Problem statement
Pull out every line below that holds the word "receiver".

The input
- Opening Delimiter -

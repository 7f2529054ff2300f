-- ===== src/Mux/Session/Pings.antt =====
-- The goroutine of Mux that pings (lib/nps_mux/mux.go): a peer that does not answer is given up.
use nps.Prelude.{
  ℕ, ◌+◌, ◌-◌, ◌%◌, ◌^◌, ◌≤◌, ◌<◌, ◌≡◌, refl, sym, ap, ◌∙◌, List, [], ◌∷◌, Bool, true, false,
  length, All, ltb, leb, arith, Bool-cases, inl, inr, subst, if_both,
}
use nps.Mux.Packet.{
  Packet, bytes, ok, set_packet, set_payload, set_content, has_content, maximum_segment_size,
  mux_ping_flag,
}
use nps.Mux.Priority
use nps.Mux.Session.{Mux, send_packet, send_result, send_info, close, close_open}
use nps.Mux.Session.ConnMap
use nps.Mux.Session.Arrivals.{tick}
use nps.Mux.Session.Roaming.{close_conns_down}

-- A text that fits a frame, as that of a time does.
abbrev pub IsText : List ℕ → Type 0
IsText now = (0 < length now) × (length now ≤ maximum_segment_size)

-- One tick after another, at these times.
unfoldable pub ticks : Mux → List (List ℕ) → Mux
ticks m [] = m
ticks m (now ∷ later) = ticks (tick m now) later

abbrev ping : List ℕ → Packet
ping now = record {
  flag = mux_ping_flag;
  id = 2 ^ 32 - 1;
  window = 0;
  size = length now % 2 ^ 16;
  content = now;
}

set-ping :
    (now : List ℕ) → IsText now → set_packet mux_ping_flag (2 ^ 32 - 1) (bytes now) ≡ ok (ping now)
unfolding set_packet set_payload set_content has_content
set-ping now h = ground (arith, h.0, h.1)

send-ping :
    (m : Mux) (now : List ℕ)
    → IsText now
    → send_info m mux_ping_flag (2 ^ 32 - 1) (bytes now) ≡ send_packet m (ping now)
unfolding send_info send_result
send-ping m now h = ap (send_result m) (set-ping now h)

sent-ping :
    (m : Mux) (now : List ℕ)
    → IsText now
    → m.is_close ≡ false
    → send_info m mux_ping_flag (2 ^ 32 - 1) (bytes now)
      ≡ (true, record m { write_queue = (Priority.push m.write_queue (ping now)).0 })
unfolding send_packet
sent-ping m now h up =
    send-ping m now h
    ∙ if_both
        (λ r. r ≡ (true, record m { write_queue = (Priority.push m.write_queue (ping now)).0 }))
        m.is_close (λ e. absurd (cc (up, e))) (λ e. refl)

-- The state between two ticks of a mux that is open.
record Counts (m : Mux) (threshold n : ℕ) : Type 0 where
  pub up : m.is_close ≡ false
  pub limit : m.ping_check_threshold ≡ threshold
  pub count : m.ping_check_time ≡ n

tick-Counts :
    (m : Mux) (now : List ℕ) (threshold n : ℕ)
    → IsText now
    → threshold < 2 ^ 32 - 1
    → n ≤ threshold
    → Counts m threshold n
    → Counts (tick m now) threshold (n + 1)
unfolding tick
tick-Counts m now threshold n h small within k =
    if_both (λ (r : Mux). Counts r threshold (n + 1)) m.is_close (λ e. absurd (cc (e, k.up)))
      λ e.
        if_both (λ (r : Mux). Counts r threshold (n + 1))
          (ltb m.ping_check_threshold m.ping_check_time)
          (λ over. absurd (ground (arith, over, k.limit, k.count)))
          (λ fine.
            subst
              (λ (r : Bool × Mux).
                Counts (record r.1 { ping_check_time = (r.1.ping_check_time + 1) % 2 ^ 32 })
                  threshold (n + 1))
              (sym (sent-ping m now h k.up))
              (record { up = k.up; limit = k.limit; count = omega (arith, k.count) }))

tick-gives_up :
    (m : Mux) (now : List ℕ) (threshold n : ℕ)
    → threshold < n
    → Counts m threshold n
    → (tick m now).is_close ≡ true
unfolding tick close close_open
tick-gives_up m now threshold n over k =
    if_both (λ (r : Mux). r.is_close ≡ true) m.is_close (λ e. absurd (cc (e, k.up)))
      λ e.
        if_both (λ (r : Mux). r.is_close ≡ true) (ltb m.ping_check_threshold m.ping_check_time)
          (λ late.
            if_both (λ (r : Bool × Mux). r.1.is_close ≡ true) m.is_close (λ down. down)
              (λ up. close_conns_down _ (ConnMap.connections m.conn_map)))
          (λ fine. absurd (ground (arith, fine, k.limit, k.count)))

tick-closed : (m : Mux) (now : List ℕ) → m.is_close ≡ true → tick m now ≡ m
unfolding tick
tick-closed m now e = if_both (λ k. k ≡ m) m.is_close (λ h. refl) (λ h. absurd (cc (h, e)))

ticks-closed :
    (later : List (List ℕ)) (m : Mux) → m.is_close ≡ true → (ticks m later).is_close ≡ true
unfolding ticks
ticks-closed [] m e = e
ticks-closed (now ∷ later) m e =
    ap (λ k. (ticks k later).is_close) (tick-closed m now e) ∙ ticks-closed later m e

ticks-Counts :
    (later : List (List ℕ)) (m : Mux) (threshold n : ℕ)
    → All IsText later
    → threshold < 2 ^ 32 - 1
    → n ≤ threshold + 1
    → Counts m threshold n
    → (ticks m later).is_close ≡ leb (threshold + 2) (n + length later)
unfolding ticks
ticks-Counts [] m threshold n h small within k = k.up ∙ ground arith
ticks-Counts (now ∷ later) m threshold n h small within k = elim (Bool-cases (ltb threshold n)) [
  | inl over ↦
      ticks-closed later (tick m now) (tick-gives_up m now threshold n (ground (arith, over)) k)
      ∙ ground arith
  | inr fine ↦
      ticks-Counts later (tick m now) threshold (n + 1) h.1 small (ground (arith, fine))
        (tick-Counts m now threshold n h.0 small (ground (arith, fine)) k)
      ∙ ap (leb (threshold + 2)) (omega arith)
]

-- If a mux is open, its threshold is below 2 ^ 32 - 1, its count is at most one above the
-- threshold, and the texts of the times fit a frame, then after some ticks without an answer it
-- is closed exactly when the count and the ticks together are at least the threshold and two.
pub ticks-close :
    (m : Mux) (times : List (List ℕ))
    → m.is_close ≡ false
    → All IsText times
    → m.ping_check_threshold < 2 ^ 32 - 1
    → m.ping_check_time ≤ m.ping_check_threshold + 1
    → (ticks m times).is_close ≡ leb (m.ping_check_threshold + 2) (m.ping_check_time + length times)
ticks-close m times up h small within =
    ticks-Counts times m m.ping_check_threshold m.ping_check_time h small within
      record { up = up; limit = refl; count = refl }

- Closing Delimiter -
- Opening Delimiter -

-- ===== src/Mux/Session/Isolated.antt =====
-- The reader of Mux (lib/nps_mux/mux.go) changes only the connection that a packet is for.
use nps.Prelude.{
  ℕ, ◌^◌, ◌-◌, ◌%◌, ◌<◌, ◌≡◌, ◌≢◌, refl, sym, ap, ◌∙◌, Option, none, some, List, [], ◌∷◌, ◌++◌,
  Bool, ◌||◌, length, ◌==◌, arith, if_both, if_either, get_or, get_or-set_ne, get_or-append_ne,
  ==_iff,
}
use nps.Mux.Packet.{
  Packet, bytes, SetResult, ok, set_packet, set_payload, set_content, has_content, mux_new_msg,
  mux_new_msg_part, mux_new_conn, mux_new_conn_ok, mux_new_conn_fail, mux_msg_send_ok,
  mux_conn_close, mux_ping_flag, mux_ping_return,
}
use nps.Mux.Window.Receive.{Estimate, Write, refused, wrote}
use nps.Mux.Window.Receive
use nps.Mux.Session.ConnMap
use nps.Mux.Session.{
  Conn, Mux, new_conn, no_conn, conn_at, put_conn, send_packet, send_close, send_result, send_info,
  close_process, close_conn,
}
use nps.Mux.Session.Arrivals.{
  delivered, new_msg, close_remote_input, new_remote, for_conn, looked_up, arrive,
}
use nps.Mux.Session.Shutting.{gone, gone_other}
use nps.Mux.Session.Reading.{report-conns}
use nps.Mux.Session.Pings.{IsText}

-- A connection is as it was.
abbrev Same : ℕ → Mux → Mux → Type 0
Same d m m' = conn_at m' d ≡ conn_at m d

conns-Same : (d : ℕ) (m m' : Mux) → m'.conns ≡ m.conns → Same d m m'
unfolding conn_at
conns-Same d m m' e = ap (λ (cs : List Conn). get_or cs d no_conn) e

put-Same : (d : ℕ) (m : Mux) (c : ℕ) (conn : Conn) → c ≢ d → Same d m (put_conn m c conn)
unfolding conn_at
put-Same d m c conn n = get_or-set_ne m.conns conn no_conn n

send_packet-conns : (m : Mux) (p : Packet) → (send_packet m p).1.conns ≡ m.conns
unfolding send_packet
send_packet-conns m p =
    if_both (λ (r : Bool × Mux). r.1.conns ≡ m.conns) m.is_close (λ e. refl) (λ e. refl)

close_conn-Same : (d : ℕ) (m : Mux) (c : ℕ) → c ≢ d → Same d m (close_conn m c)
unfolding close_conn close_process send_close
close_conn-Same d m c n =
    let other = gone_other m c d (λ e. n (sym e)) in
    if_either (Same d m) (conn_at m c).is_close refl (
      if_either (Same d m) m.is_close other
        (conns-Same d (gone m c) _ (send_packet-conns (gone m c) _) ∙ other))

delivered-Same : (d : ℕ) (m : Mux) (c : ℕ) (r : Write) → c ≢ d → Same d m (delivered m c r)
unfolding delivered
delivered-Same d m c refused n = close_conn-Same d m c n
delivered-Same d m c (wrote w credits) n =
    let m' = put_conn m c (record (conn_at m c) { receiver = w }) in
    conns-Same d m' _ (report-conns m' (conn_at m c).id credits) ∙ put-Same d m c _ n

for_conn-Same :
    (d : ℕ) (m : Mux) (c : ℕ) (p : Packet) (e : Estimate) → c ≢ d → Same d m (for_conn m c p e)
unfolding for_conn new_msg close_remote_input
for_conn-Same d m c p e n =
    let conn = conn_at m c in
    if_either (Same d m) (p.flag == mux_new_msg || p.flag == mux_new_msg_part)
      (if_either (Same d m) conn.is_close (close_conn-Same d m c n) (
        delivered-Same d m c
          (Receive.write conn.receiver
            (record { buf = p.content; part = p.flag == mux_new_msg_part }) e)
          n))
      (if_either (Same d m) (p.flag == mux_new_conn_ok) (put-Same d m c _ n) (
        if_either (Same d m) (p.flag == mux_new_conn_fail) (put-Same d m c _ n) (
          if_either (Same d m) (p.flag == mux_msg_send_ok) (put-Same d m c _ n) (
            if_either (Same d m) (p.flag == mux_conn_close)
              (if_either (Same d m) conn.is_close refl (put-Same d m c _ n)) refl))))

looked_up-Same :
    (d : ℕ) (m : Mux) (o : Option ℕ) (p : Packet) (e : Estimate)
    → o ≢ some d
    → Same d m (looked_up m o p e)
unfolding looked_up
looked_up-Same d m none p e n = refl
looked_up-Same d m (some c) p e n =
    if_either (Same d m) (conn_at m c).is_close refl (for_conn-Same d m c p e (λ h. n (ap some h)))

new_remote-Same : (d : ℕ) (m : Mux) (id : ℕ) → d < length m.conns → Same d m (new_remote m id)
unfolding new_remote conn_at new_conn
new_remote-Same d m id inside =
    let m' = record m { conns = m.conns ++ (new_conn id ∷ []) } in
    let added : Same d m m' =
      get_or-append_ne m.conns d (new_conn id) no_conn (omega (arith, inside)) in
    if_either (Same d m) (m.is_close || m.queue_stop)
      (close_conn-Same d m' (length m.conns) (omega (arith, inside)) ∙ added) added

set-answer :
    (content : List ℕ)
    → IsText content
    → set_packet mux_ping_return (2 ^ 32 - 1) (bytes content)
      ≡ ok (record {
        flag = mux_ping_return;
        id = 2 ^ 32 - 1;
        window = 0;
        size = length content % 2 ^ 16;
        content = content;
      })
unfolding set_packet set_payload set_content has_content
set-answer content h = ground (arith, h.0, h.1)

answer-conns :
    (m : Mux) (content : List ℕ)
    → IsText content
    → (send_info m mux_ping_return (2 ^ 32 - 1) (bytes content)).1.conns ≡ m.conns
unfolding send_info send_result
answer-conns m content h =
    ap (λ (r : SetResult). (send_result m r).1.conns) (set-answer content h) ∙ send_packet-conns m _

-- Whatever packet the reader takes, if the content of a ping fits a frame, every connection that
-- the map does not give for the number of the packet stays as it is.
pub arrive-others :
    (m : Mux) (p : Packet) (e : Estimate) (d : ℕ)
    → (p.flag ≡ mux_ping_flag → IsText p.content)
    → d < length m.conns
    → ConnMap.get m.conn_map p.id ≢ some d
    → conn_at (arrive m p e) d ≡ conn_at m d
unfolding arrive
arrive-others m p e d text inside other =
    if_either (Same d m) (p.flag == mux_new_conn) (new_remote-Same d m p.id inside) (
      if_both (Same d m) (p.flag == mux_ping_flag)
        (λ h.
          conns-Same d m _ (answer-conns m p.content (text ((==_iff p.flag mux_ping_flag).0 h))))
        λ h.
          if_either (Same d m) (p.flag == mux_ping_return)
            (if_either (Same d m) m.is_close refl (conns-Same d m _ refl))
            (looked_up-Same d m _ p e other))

- Closing Delimiter -

Exercise output
    let m' = put_conn m c (record (conn_at m c) { receiver = w }) in
          (Receive.write conn.receiver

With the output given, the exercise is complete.